<<<<

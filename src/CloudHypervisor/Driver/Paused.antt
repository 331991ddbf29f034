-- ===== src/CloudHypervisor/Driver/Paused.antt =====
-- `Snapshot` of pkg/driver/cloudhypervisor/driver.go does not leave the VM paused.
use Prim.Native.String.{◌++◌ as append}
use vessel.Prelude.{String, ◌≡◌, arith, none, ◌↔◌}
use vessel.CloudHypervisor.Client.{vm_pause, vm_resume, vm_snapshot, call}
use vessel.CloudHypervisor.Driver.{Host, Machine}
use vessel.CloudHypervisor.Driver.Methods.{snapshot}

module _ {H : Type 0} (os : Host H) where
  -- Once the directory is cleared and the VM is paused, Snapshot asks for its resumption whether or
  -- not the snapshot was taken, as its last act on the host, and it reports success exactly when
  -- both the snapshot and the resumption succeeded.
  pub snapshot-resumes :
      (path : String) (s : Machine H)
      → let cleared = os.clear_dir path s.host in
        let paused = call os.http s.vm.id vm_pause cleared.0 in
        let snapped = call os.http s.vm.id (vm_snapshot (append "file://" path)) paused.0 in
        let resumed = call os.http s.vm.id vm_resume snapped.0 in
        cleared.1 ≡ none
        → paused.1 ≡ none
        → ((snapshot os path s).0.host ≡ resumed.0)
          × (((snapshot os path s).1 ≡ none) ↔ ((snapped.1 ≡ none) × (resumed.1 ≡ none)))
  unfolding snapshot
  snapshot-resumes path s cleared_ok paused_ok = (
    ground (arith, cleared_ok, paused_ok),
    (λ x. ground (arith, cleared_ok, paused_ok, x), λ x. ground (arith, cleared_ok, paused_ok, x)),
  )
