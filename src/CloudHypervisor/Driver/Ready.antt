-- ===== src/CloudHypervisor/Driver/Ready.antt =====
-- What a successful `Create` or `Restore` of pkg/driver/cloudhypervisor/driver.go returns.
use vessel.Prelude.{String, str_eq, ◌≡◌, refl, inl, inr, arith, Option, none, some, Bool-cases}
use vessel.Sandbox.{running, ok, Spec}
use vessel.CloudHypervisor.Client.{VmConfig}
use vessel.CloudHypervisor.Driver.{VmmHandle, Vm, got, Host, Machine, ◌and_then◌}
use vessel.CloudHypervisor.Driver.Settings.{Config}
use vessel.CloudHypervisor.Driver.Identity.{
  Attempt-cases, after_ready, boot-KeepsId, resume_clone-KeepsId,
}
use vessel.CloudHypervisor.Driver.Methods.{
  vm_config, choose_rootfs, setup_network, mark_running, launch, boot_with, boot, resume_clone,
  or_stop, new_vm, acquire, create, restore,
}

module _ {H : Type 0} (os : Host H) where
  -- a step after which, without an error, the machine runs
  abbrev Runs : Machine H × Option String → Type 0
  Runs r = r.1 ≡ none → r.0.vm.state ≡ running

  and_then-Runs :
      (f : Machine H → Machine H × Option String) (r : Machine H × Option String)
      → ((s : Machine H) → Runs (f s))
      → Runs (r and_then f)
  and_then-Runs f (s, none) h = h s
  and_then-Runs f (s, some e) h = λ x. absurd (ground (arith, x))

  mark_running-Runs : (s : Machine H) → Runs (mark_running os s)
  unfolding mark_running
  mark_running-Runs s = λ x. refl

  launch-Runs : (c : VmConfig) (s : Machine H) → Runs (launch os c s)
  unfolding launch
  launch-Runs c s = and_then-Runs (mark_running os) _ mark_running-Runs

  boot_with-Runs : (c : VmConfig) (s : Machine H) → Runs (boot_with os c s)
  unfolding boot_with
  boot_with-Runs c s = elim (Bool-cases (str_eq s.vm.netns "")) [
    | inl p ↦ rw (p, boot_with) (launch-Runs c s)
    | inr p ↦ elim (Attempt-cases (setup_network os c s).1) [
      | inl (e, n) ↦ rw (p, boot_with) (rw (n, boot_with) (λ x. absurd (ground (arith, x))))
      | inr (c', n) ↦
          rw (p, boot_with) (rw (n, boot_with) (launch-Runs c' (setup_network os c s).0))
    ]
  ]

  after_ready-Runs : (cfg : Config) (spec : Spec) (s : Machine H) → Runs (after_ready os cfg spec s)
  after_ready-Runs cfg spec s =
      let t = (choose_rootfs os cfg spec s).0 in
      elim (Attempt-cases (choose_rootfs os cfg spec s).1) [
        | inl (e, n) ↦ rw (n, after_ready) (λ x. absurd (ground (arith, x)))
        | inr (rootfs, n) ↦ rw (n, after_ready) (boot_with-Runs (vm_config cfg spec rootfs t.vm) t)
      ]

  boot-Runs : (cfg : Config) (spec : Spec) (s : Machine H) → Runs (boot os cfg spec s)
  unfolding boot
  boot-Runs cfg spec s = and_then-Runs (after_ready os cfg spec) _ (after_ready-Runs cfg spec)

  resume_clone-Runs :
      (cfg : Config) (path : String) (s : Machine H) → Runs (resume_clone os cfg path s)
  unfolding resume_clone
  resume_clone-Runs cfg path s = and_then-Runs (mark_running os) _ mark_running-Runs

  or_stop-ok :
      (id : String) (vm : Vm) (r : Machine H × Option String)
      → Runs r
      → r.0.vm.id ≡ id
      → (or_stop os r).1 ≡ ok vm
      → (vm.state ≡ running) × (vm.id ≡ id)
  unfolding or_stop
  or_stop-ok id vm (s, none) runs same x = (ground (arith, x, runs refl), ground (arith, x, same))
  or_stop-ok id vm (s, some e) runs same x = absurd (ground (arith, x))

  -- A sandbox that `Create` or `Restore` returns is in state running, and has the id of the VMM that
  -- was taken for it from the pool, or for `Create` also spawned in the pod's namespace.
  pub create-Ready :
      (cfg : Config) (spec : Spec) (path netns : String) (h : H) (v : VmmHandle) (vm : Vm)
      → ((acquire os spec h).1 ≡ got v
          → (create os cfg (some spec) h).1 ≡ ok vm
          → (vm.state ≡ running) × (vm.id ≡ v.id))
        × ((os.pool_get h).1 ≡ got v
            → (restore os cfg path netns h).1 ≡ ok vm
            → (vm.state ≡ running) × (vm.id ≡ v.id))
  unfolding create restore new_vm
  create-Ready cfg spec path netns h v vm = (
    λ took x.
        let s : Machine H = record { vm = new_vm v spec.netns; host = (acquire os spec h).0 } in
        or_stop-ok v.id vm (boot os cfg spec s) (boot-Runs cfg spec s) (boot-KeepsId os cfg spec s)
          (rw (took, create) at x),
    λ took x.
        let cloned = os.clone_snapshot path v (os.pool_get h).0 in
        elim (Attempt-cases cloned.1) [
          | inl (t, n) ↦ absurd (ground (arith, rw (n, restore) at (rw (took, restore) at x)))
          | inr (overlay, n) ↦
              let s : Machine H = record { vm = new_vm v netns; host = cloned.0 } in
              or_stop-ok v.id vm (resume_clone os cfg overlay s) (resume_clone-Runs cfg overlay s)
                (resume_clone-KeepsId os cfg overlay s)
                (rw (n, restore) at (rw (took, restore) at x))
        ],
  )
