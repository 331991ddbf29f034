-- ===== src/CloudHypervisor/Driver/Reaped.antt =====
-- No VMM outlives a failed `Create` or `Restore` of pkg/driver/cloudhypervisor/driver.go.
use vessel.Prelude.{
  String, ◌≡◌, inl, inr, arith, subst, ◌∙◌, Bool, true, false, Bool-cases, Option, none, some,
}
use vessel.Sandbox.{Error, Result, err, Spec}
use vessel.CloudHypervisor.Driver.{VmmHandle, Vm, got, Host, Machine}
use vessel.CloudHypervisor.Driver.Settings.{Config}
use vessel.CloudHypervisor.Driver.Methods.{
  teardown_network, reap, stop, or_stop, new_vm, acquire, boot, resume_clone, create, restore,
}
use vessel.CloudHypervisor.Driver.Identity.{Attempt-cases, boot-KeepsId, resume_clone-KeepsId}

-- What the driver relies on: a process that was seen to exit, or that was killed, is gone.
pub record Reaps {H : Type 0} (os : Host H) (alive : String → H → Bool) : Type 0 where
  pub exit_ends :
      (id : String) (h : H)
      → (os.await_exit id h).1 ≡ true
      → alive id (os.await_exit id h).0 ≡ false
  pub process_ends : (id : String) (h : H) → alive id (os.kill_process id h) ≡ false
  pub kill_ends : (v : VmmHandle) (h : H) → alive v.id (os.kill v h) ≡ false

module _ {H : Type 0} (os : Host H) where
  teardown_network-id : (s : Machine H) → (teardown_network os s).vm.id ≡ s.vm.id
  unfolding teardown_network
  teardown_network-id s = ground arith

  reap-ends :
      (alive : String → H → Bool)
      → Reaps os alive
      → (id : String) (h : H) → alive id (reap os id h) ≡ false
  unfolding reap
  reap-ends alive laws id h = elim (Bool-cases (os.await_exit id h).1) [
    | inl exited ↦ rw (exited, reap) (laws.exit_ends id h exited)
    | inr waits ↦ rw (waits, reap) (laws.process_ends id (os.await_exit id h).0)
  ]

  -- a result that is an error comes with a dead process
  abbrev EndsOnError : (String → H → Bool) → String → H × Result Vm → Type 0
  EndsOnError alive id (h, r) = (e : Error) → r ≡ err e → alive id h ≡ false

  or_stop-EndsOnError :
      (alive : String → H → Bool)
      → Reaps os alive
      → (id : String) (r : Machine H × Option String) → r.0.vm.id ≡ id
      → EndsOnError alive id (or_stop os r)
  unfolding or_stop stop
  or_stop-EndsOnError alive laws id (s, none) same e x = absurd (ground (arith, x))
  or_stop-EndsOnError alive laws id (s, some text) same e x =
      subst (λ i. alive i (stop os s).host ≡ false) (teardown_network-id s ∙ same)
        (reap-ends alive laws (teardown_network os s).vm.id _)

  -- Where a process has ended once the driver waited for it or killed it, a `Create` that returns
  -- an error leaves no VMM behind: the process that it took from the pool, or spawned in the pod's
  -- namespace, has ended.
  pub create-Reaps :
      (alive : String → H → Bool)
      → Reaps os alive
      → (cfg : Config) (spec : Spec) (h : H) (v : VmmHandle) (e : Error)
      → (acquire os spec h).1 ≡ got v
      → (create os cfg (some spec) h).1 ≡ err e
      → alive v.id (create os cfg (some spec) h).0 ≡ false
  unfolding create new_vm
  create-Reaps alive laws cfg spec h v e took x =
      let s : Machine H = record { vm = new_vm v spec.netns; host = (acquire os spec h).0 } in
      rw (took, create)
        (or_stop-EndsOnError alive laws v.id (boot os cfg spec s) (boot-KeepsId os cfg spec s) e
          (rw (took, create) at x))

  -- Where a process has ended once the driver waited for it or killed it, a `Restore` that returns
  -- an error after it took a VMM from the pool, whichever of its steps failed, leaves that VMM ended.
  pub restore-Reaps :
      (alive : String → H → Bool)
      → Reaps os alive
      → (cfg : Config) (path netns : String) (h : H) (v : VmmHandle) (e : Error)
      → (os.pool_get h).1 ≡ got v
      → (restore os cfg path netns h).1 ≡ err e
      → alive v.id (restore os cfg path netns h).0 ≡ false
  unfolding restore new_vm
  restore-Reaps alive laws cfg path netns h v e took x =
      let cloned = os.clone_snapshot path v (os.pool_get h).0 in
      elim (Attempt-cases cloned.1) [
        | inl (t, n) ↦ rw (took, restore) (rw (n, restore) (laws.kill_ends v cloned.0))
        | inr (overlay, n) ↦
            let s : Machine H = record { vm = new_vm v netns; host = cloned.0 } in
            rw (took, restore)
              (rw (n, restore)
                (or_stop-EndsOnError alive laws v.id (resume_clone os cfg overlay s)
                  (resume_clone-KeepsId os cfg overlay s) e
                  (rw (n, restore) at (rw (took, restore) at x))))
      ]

>>>>

▸ Your goal: Copy out each line from the listing that contains the string "append".

▸ Written reply:
use Prim.Native.String.{◌++◌ as append}
        let snapped = call os.http s.vm.id (vm_snapshot (append "file://" path)) paused.0 in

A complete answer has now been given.